From the Director
Commencement Comments to the Graduating Class of 2025
5/10/25
Good morning. So, we stand on a threshold. You have arrived at a summit and an ending. It is my great pleasure and privilege on behalf of the John Martinson Honors Program to congratulate you on this achievement. My name is Dr. Eric Ruckh, professor of history, and director of SIUE’s John Martinson Honors Program.
Completing a bachelor’s degree (and, in some cases, a Pharm.D. and various Master’s degrees) is an accomplishment—one of competencies developed, of will exercised, of persistence and resilience tested, and of equipoise discovered. To arrive here, at an ending, means that you have learned to grow and adapt; you have learned how to balance yourself. So, take a deep breath. Pay attention. This moment only come once. Look around. Be in it. Share it with your friends, family, and loved ones.
Let’s start again. You stand on a threshold. This moment isn’t mainly an ending, it is a beginning. Look out and you will see that you have summited a foothill. And it is my pleasure and privilege to welcome you to the challenge that lies ahead and above. Welcome to adulthood. Welcome to maturity. Welcome, fellow citizens. Welcome to the world. It’s yours.
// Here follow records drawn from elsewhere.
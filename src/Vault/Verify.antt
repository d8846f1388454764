-- ===== src/Vault/Verify.antt =====
-- services/vault-api/handler/ingest.go: verifyCheckpointResponse, VerifyLatestCheckpoint and
-- VerifyCheckpointByTreeSize.
use merkle_evidence_vault.Prelude.{
  Bool, List, Option, Result, String, [], err, false, if◌then◌else◌, length, none, not, ok, some, ℕ,
  ◌==◌, ◌=ℕ◌, ◌||◌, ◌∷◌, string_key,
}
use merkle_evidence_vault.Prelude.Int.{negsuc, pos, ℤ, int_key}
use merkle_evidence_vault.Prelude.Dict.{lookup}
use merkle_evidence_vault.Text.{
  cut_prefix, cut_suffix, has_prefix, has_suffix, parse_int, trim_prefix, trim_slashes, trim_space,
  trim_suffix,
}
use merkle_evidence_vault.Http.{
  Json, Request, Response, bool, encode, int, object, set_header, str, write_header,
}
use merkle_evidence_vault.Vault.{CheckpointResponse, Host, VaultState, has_checkpoint_access}
use merkle_evidence_vault.Vault.Checkpoint.{Built, build_latest_checkpoint, built, refused}

-- `json.Marshal` of the payload, a struct of an integer and a text, does not fail; the branch that
-- answers 500 is left out.
abbrev pub unavailable : String → Json
unavailable reason = object (("verified", bool false) ∷ ("reason", str reason) ∷ [])

abbrev pub not_base64 : CheckpointResponse → Json
not_base64 cp = object (
    ("verified", bool false)
    ∷ ("reason", str "checkpoint signature is not base64")
    ∷ ("tree_size", int cp.tree_size)
    ∷ ("root_hash", str cp.root_hash)
    ∷ ("key_ref", str cp.key_ref)
    ∷ [])

abbrev pub verdict : Bool → CheckpointResponse → Json
verdict verified cp = object (
    ("verified", bool verified)
    ∷ ("tree_size", int cp.tree_size)
    ∷ ("root_hash", str cp.root_hash)
    ∷ ("signature", str cp.signature)
    ∷ ("key_ref", str cp.key_ref)
    ∷ [])

-- The public key of the environment: 32 bytes, or the reason why there is none.
unfoldable pub public_key : Host → Result (List ℕ)
unfolding trim_space
public_key host =
    let b64 = trim_space (host.getenv "CHECKPOINT_VERIFY_PUBLIC_KEY_B64") in
    if b64 == ""
    then err "missing CHECKPOINT_VERIFY_PUBLIC_KEY_B64"
    else elim (host.decode_base64 b64) [
      | none ↦ err "invalid CHECKPOINT_VERIFY_PUBLIC_KEY_B64"
      | some raw ↦
          if length raw =ℕ 32 then ok raw else err "invalid CHECKPOINT_VERIFY_PUBLIC_KEY_B64"
    ]

unfoldable pub signature_verdict : Host → List ℕ → CheckpointResponse → Json
signature_verdict host key cp = elim (host.decode_base64 cp.signature) [
  | none ↦ not_base64 cp
  | some sig ↦
      verdict (host.ed25519_verify key (host.marshal_payload cp.tree_size cp.root_hash) sig) cp
]

unfoldable pub verify_with : Host → Result (List ℕ) → Response → CheckpointResponse → Response
verify_with host (err reason) w cp = encode (unavailable reason) (write_header 503 w)
verify_with host (ok key) w cp =
    encode (signature_verdict host key cp) (set_header "Content-Type" "application/json" w)

unfoldable pub verify_checkpoint_response : Host → Response → CheckpointResponse → Response
unfolding verify_with signature_verdict
verify_checkpoint_response host w cp = verify_with host (public_key host) w cp

unfoldable pub verify_built : Host → Built → Response → Response
verify_built host (refused code) w = write_header code w
verify_built host (built cp) w = verify_checkpoint_response host w cp

unfoldable pub verify_latest_checkpoint :
    {S : Type 0} → Host → List String → Request → Response → VaultState S → VaultState S × Response
unfolding verify_built
verify_latest_checkpoint host order req w st =
    let (st', r) = build_latest_checkpoint host order req.context st in (st', verify_built host r w)

unfoldable pub verify_stored : Host → Option CheckpointResponse → Response → Response
verify_stored host none w = write_header 404 w
verify_stored host (some cp) w = verify_checkpoint_response host w cp

-- The tree size in the path, `err` with the status where the path has none.
abbrev pub checkpoints_prefix : String
checkpoints_prefix = "/api/v1/checkpoints/"

unfoldable pub size_part : String → String
unfolding trim_slashes cut_prefix cut_suffix
size_part path = trim_slashes (trim_suffix (trim_prefix path checkpoints_prefix) "/verify")

unfoldable pub verify_size : {S : Type 0} → Host → Option ℤ → Response → VaultState S → Response
verify_size host none w st = write_header 400 w
verify_size host (some (negsuc n)) w st = write_header 400 w
verify_size host (some (pos n)) w st =
    if n =ℕ 0
    then write_header 400 w
    else verify_stored host (lookup (pos n) st.checkpoint_history) w

unfoldable pub verify_checkpoint_by_tree_size :
    {S : Type 0} → Host → Request → Response → VaultState S → VaultState S × Response
unfolding verify_size verify_stored verify_checkpoint_response size_part has_checkpoint_access
    write_header parse_int cut_prefix cut_suffix
verify_checkpoint_by_tree_size host req w st =
    if not (has_checkpoint_access req.context)
    then (st, write_header 403 w)
    else if not (has_prefix req.path checkpoints_prefix) || not (has_suffix req.path "/verify")
    then (st, write_header 404 w)
    else (st, verify_size host (parse_int (size_part req.path)) w st)
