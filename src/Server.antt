-- ===== src/Server.antt =====
-- services/vault-api/cmd/server/main.go: the routes of the vault's API, with the middlewares in front
-- of them, and services/vault-api/middleware/security_headers.go, auth.go and ratelimit.go.
--
-- The router is the package chi: `Router` chooses a route for a request, and answers where there is
-- none. What the handlers take from their surroundings is in `Supplies`.
pub mod Guarded
pub mod Headers
pub mod Observed
pub mod Start
pub mod Worked
mod Tests
use mathlib.Core.Option
use merkle_evidence_vault.Prelude.{
  Bool, List, Option, String, [], false, if◌then◌else◌, map, none, not, some, true, ℕ, ◌&&◌, ◌||◌,
  ◌∷◌,
}
use merkle_evidence_vault.Prelude.Int.{pos}
use merkle_evidence_vault.Text.{is_some}
use merkle_evidence_vault.Http.{
  Request, Response, new_response, set_header, write_header, write_text,
}
use merkle_evidence_vault.Store.{StoreApi}
use merkle_evidence_vault.Vault.{Host, VaultState}
use merkle_evidence_vault.Vault.Ingest.{get_audit, get_evidence, get_proof, ingest}
use merkle_evidence_vault.Vault.Checkpoint.{get_checkpoints_history, get_checkpoints_latest}
use merkle_evidence_vault.Vault.Verify.{verify_checkpoint_by_tree_size, verify_latest_checkpoint}
use merkle_evidence_vault.Auth.{Env}
use merkle_evidence_vault.Auth.Token.{Jwt}
use merkle_evidence_vault.Auth.Middleware.{authorize, jwt, jwt_config}
use merkle_evidence_vault.Metrics.{HttpMetrics, Observation, observe, recorded_status}
use merkle_evidence_vault.Metrics.Page.{Floats, Orders, metrics_handler}

pub data Operation : Type 0 where
  healthz readyz metrics_page : Operation
  post_evidence read_evidence read_proof : Operation
  read_audit checkpoints_history checkpoints_latest verify_latest verify_by_size : Operation

-- `guarded` is set where the route is made `With(middleware.JWT)`. An empty method is any.
pub record Route : Type 0 where
  pub method : String
  pub pattern : String
  pub guarded : Bool
  pub operation : Operation

abbrev plain : String → String → Operation → Route
plain method pattern op = record {
  method = method;
  pattern = pattern;
  guarded = false;
  operation = op;
}

abbrev with_jwt : String → String → Operation → Route
with_jwt method pattern op = record {
  method = method;
  pattern = pattern;
  guarded = true;
  operation = op;
}

unfoldable pub routes : List Route
routes =
    plain "GET" "/healthz" healthz
    ∷ plain "GET" "/readyz" readyz
    ∷ plain "" "/metrics" metrics_page
    ∷ plain "POST" "/api/v1/evidence" post_evidence
    ∷ plain "GET" "/api/v1/evidence/{id}" read_evidence
    ∷ plain "GET" "/api/v1/evidence/{id}/proof" read_proof
    ∷ with_jwt "GET" "/api/v1/audit" read_audit
    ∷ with_jwt "GET" "/api/v1/checkpoints" checkpoints_history
    ∷ with_jwt "GET" "/api/v1/checkpoints/latest" checkpoints_latest
    ∷ with_jwt "GET" "/api/v1/checkpoints/latest/verify" verify_latest
    ∷ with_jwt "GET" "/api/v1/checkpoints/{treeSize}/verify" verify_by_size
    ∷ []

-- The router's choice among the routes for a method and a path, and its own answer without one.
pub record Router : Type 0 where
  pub choose : List Route → String → String → Option Route
  pub no_route : String → String → Response → Response

-- A drawn UUID, the clock, a visit of the map, the outside, and the texts of floats and the visits of
-- the maps for the metrics page.
pub record Supplies : Type 0 where
  pub id : String
  pub now : ℕ
  pub now' : ℕ
  pub order : List String
  pub host : Host
  pub floats : Floats
  pub visits : Orders
  pub micros : ℕ

unfoldable pub security_headers : Response → Response
unfolding set_header
security_headers w = set_header "Referrer-Policy" "no-referrer" (
    set_header "X-Frame-Options" "DENY" (
      set_header "X-Content-Type-Options" "nosniff" (
        set_header "Content-Security-Policy"
          "default-src 'self'; script-src 'self'; style-src 'self' 'unsafe-inline'; img-src 'self' data:; connect-src 'self'; object-src 'none'; frame-ancestors 'none'; base-uri 'self'; form-action 'self'"
          w)))

-- RateLimit passes the request on.
abbrev pub rate_limit :
    {S : Type 0} → (Request → Response → S → S × Response) → Request → Response → S → S × Response
rate_limit next req w st = next req w st

-- Auth is another name of the middleware JWT.
abbrev pub auth :
    {S : Type 0} (j : Jwt) (env : Env)
    → (Request → Response → S → S × Response)
    → Request
    → Response
    → S
    → S × Response
auth j env next req w st = jwt j env (jwt_config j env) next req w st

-- A handler that panics has changed nothing; the connection is closed.
abbrev or_closed : {S : Type 0} → Response → S → Option (S × Response) → S × Response
or_closed w st none = (st, w)
or_closed w st (some r) = r

module _ (api : StoreApi) where
  open api use {State}

  unfoldable pub handle :
      HttpMetrics
      → Operation
      → Supplies
      → Request
      → Response
      → VaultState State
      → VaultState State × Response
  unfolding metrics_handler
  handle m healthz s req w st = (st, write_text "{\"status\":\"ok\"}" (write_header 200 w))
  handle m readyz s req w st = (st, write_text "{\"status\":\"ready\"}" (write_header 200 w))
  handle m metrics_page s req w st =
      or_closed w st (Option.map (λ w'. (st, w')) (metrics_handler s.floats s.visits m w))
  handle m post_evidence s req w st = ingest api s.id s.now s.now' req w st
  handle m read_evidence s req w st = or_closed w st (get_evidence api req w st)
  handle m read_proof s req w st = or_closed w st (get_proof req w st)
  handle m read_audit s req w st = get_audit req w st
  handle m checkpoints_history s req w st = get_checkpoints_history s.host s.order req w st
  handle m checkpoints_latest s req w st = get_checkpoints_latest s.host s.order req w st
  handle m verify_latest s req w st = verify_latest_checkpoint s.host s.order req w st
  handle m verify_by_size s req w st = verify_checkpoint_by_tree_size s.host req w st

  -- Where a handler of the table panics: a path that is too short, and counters that are missing.
  abbrev pub handler_panics : HttpMetrics → Operation → Supplies → Request → VaultState State → Bool
  handler_panics m read_evidence s req st = not (is_some (get_evidence api req new_response st))
  handler_panics m read_proof s req st = not (is_some (get_proof req new_response st))
  handler_panics m metrics_page s req st =
      not (is_some (metrics_handler s.floats s.visits m new_response))
  handler_panics m _ s req st = false

  module _ (router : Router) (j : Jwt) (env : Env) where
    -- A guarded route goes through the middleware JWT, whose configuration is made at the start.
    unfoldable pub serve_route :
        HttpMetrics
        → Option Route
        → Supplies
        → Request
        → Response
        → VaultState State
        → VaultState State × Response
    unfolding handle
    serve_route m none s req w st = (st, router.no_route req.method req.path w)
    serve_route m (some r) s req w st =
        if r.guarded
        then jwt j env (jwt_config j env) (handle m r.operation s) req w st
        else handle m r.operation s req w st

    abbrev pub chosen : Request → Option Route
    chosen req = router.choose routes req.method req.path

    -- Whether a request ends with a panic of its handler, which no context or writer has a part in.
    unfoldable pub panics :
        HttpMetrics → Option Route → Supplies → Request → VaultState State → Bool
    panics m none s req st = false
    panics m (some r) s req st =
        let passes = is_some (authorize j env (jwt_config j env) req.authorization) in
        (not r.guarded || passes) && handler_panics m r.operation s req st

    -- A request, from the outermost middleware inwards: the security headers, then the metrics, which
    -- do not count a request whose handler panics.
    unfoldable pub serve :
        Supplies
        → Request
        → VaultState State × HttpMetrics
        → (VaultState State × HttpMetrics) × Response
    unfolding serve_route security_headers
    serve s req (st, m) =
        let (st', w) = serve_route m (chosen req) s req (security_headers new_response) st in
        let seen : Observation = record {
          method = req.method;
          path = req.path;
          status = pos (recorded_status w);
          micros = s.micros;
        } in
        ((st', if panics m (chosen req) s req st then m else observe seen m), w)
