-- ===== src/Server/Guarded.antt =====
-- Which requests reach the handlers of the audit log and of the checkpoints.
use mathlib.Core.List.{Memᴰ}
use mathlib.Core.Path.{subst}
use merkle_evidence_vault.Prelude.{
  Bool, List, Option, [], arith, false, inl, inr, none, not, refl, some, sym, true, ◌||◌, ◌∷◌, ◌≡◌,
  ◌⊎◌,
}
use merkle_evidence_vault.Prelude.Sorted.{All}
use merkle_evidence_vault.Http.{Context, Request, Response, new_response, write_header}
use merkle_evidence_vault.Store.{StoreApi}
use merkle_evidence_vault.Vault.{VaultState}
use merkle_evidence_vault.Auth.{Env}
use merkle_evidence_vault.Auth.Startup.{
  StartupAuthConfig, load_startup_auth_config, validate_auth_startup_config,
}
use merkle_evidence_vault.Auth.Token.{Jwt}
use merkle_evidence_vault.Auth.Middleware.{authorize, jwt, jwt_config}
use merkle_evidence_vault.Auth.Laws.{IsSafeStart, validate_auth_startup_config-IsSafeStart}
use merkle_evidence_vault.Auth.Verified.{IsPassed, authorize-IsGenuine}
use merkle_evidence_vault.Metrics.{HttpMetrics}
use merkle_evidence_vault.Server.{
  Operation, Route, Router, Supplies, checkpoints_history, checkpoints_latest, chosen, handle,
  read_audit, routes, security_headers, serve, serve_route, verify_by_size, verify_latest,
}

-- The operations on the audit log and on checkpoints.
abbrev pub is_sensitive : Operation → Bool
is_sensitive read_audit = true
is_sensitive checkpoints_history = true
is_sensitive checkpoints_latest = true
is_sensitive verify_latest = true
is_sensitive verify_by_size = true
is_sensitive _ = false

-- What a sensitive operation of the table of routes has in front.
abbrev IsCovered : Route → Type 0
IsCovered r = (not (is_sensitive r.operation) || r.guarded) ≡ true

routes-IsCovered : All IsCovered routes
unfolding routes
routes-IsCovered =
    (refl, (refl, (refl, (refl, (refl, (refl, (refl, (refl, (refl, (refl, (refl, tt)))))))))))

All-Memᴰ {ℓ κ} : {A : Type ℓ} (P : A → Type κ) (xs : List A) (a : A) → All P xs → Memᴰ a xs → P a
All-Memᴰ P [] a h m = elim m [ ]
All-Memᴰ P (x ∷ xs) a (p, h) (Memᴰ.head same) = subst P (sym same) p
All-Memᴰ P (x ∷ xs) a (p, h) (Memᴰ.tail later) = All-Memᴰ P xs a h later

-- A production server whose start passed its check takes no test tokens.
test_tokens-off :
    (j : Jwt) (env : Env)
    → validate_auth_startup_config env ≡ none
    → (load_startup_auth_config env).is_prod_startup ≡ true
    → (jwt_config j env).policy.enable_test_jwt ≡ false
unfolding jwt_config load_startup_auth_config
test_tokens-off j env starts prod =
    go (load_startup_auth_config env).policy.enable_test_jwt refl
      ((validate_auth_startup_config-IsSafeStart env).0 starts)
  where
    cfg : StartupAuthConfig
    cfg = load_startup_auth_config env

    go :
        (b : Bool)
        → cfg.policy.enable_test_jwt ≡ b
        → IsSafeStart cfg.policy.enable_test_jwt cfg
        → cfg.policy.enable_test_jwt ≡ false
    go false e safe = e
    go true e safe = let (not_prod, dev) = subst (λ x. IsSafeStart x cfg) e safe in cc

module _ (api : StoreApi) (router : Router) (j : Jwt) (env : Env) where
  open api use {State}

  -- The two ways in which a guarded request ends: an empty 401 that changes nothing, or the handler
  -- with the context of a genuine token.
  abbrev pub IsGuarded :
      HttpMetrics
      → Operation
      → Supplies
      → Request
      → VaultState State
      → VaultState State × Response
      → Type 0
  IsGuarded m op s req st answer =
      (answer ≡ (st, write_header 401 (security_headers new_response)))
      ⊎ ((ctx : Context) × IsPassed j env req.authorization ctx
          × (answer
              ≡ handle api m op s (record req { context = ctx }) (security_headers new_response)
                  st))

  -- In a production server whose start passed its check, a request that the router takes to a handler
  -- of the audit log or of checkpoints is refused with an empty 401 and changes nothing, or carries a
  -- genuine token, and the handler sees the subject and the roles of this token. The router chooses
  -- among the routes that it is given.
  pub serve-IsGuarded :
      (r : Route) (s : Supplies) (req : Request) (st : VaultState State) (m : HttpMetrics)
      → validate_auth_startup_config env ≡ none
      → (load_startup_auth_config env).is_prod_startup ≡ true
      → chosen api router j env req ≡ some r
      → Memᴰ r routes
      → is_sensitive r.operation ≡ true
      → IsGuarded m r.operation s req st
          ((serve api router j env s req (st, m)).0.0, (serve api router j env s req (st, m)).1)
  unfolding serve jwt
  serve-IsGuarded r s req st m starts prod choice listed sensitive =
      let guarded : r.guarded ≡ true =
        let covered = All-Memᴰ IsCovered routes r routes-IsCovered listed in ground arith in
      let off = test_tokens-off j env starts prod in
      rw (choice, serve_route, guarded)
        (go (authorize j env (jwt_config j env) req.authorization) refl off)
    where
      w : Response
      w = security_headers new_response

      go :
          (o : Option Context)
          → authorize j env (jwt_config j env) req.authorization ≡ o
          → (jwt_config j env).policy.enable_test_jwt ≡ false
          → IsGuarded m r.operation s req st
              (jwt j env (jwt_config j env) (handle api m r.operation s) req w st)
      go none e off = inl (rw (e, jwt) refl)
      go (some ctx) e off =
          inr (ctx, authorize-IsGenuine j env req.authorization ctx off e, rw (e, jwt) refl)
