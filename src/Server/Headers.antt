-- ===== src/Server/Headers.antt =====
-- The headers that every answer carries.
use merkle_evidence_vault.Prelude.Sorted.{All}
use merkle_evidence_vault.Prelude.{
  Bool-cases, List, Option, Option-cases, String, [], arith, false, inl, inr, none, refl, some,
  ◌==◌, ◌∙◌, ◌∷◌, ◌≡◌, string_key,
}
use merkle_evidence_vault.Prelude.Dict.{insert, lookup, lookup-insert}
use merkle_evidence_vault.Http.{
  Request, Response, encode, new_response, set_header, write_header, write_text,
}
use merkle_evidence_vault.Store.{StoreApi}
use merkle_evidence_vault.Vault.{VaultState}
use merkle_evidence_vault.Vault.Ingest.{get_audit, get_evidence, get_proof, ingest}
use merkle_evidence_vault.Vault.Checkpoint.{get_checkpoints_history, get_checkpoints_latest}
use merkle_evidence_vault.Vault.Verify.{verify_checkpoint_by_tree_size, verify_latest_checkpoint}
use merkle_evidence_vault.Auth.Middleware.{authorize, jwt, jwt_config}
use merkle_evidence_vault.Auth.{Env}
use merkle_evidence_vault.Auth.Token.{Jwt}
use merkle_evidence_vault.Metrics.{HttpMetrics}
use merkle_evidence_vault.Metrics.Page.{metrics_handler, page}
use merkle_evidence_vault.Server.{
  Operation, Route, Router, Supplies, chosen, handle, healthz, metrics_page, panics, readyz,
  security_headers, serve, serve_route,
}

module _ (api : StoreApi) (name : String) (other : ("Content-Type" == name) ≡ false) where
  open api use {State}

  -- No handler sets another header than Content-Type.
  handle-header :
      (m : HttpMetrics) (op : Operation) (s : Supplies) (req : Request) (w : Response)
      (st : VaultState State)
      → lookup name (handle api m op s req w st).1.headers ≡ lookup name w.headers
  unfolding handle metrics_handler ingest get_evidence get_proof get_audit get_checkpoints_latest
      get_checkpoints_history verify_latest_checkpoint verify_checkpoint_by_tree_size set_header
      write_header write_text encode
  handle-header m healthz s req w st = refl
  handle-header m readyz s req w st = refl
  handle-header m metrics_page s req w st = elim (Option-cases (page s.floats s.visits m)) [
    | inl panics ↦ rw (handle, metrics_handler, panics) refl
    | inr (text, shown) ↦
        rw (handle, metrics_handler, shown)
          (ground (arith, lookup-insert "Content-Type" name "text/plain; version=0.0.4" w.headers))
  ]
  handle-header m op s req w st =
      ground (arith, lookup-insert "Content-Type" name "application/json" w.headers)

  jwt-header :
      (j : Jwt) (env : Env) (m : HttpMetrics) (op : Operation) (s : Supplies) (req : Request)
      (w : Response) (st : VaultState State)
      → lookup name (jwt j env (jwt_config j env) (handle api m op s) req w st).1.headers
        ≡ lookup name w.headers
  unfolding jwt write_header
  jwt-header j env m op s req w st =
      elim (Option-cases (authorize j env (jwt_config j env) req.authorization)) [
        | inl denied ↦ rw (denied, jwt) refl
        | inr (ctx, passed) ↦
            rw (passed, jwt) (handle-header m op s (record req { context = ctx }) w st)
      ]

-- A header has the value that SecurityHeaders gives it.
abbrev pub IsSecure : String → Response → Type 0
IsSecure name w = lookup name w.headers ≡ lookup name (security_headers new_response).headers

-- The router's own answers keep this value of a header, or set it again.
abbrev pub KeepsHeader : Router → String → Type 0
KeepsHeader router name =
    (method path : String) (w : Response)
    → IsSecure name w
    → IsSecure name (router.no_route method path w)

module _ (api : StoreApi) (router : Router) (j : Jwt) (env : Env) (name : String)
    (other : ("Content-Type" == name) ≡ false) (keeps : KeepsHeader router name) where
  open api use {State}

  serve_route-header :
      (m : HttpMetrics) (o : Option Route) (s : Supplies) (req : Request) (w : Response)
      (st : VaultState State)
      → IsSecure name w
      → IsSecure name (serve_route api router j env m o s req w st).1
  unfolding serve_route
  serve_route-header m none s req w st secure = keeps req.method req.path w secure
  serve_route-header m (some r) s req w st secure = elim (Bool-cases r.guarded) [
    | inl guarded ↦ rw guarded (jwt-header api name other j env m r.operation s req w st ∙ secure)
    | inr free ↦ rw free (handle-header api name other m r.operation s req w st ∙ secure)
  ]

  serve-header :
      (s : Supplies) (req : Request) (st : VaultState State) (m : HttpMetrics)
      → IsSecure name (serve api router j env s req (st, m)).1
  unfolding serve
  serve-header s req st m =
      serve_route-header m (chosen api router j env req) s req (security_headers new_response) st
        refl

-- The names of the headers that SecurityHeaders sets.
abbrev pub protections : List String
protections =
    "X-Frame-Options" ∷ "X-Content-Type-Options" ∷ "Referrer-Policy" ∷ "Content-Security-Policy"
    ∷ []

-- The protections that a browser reads.
abbrev pub IsProtected : Response → Type 0
IsProtected w =
    (lookup "X-Frame-Options" w.headers ≡ some "DENY")
    × (lookup "X-Content-Type-Options" w.headers ≡ some "nosniff")
    × (lookup "Referrer-Policy" w.headers ≡ some "no-referrer")
    × (lookup "Content-Security-Policy" w.headers
        ≡ some
            "default-src 'self'; script-src 'self'; style-src 'self' 'unsafe-inline'; img-src 'self' data:; connect-src 'self'; object-src 'none'; frame-ancestors 'none'; base-uri 'self'; form-action 'self'")

-- Every answer of the server, errors included, carries the headers X-Frame-Options,
-- X-Content-Type-Options, Referrer-Policy and Content-Security-Policy with the values of
-- SecurityHeaders, if the router's own answers keep, or set again, these values of the four headers.
pub serve-IsProtected :
    (api : StoreApi) (router : Router) (j : Jwt) (env : Env) (s : Supplies) (req : Request)
    (st : VaultState api.State) (m : HttpMetrics)
    → All (KeepsHeader router) protections
    → IsProtected (serve api router j env s req (st, m)).1
unfolding security_headers set_header lookup insert
serve-IsProtected api router j env s req st m (frame, (sniff, (referrer, (policy, _)))) =
    let kept =
      λ (name : String) (keeps : KeepsHeader router name)
          (other : ("Content-Type" == name) ≡ false).
        serve-header api router j env name other keeps s req st m in
    (
      kept "X-Frame-Options" frame refl,
      kept "X-Content-Type-Options" sniff refl,
      kept "Referrer-Policy" referrer refl,
      kept "Content-Security-Policy" policy refl,
    )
Welcome to the world. That means you are co-responsible for it. For carrying on the parts that are worthy. For fixing and improving the parts that are falling into disrepair and need updated. For discarding the parts that are irredeemable. And for inventing that which is needed but has never been seen before. Those are your tasks. Making the judgements that identify those differences: what to keep, what to fix, what to discard, what to invent. And then putting those judgements into action: weaving together the communities of actors, doers, and citizens necessary. And doing it again. And again. Until you reach that far distant horizon—if you squint—you might be able to see it—until you come to that threshold where earth and sky, fire and water meet—far out there … there … getting closer each instant.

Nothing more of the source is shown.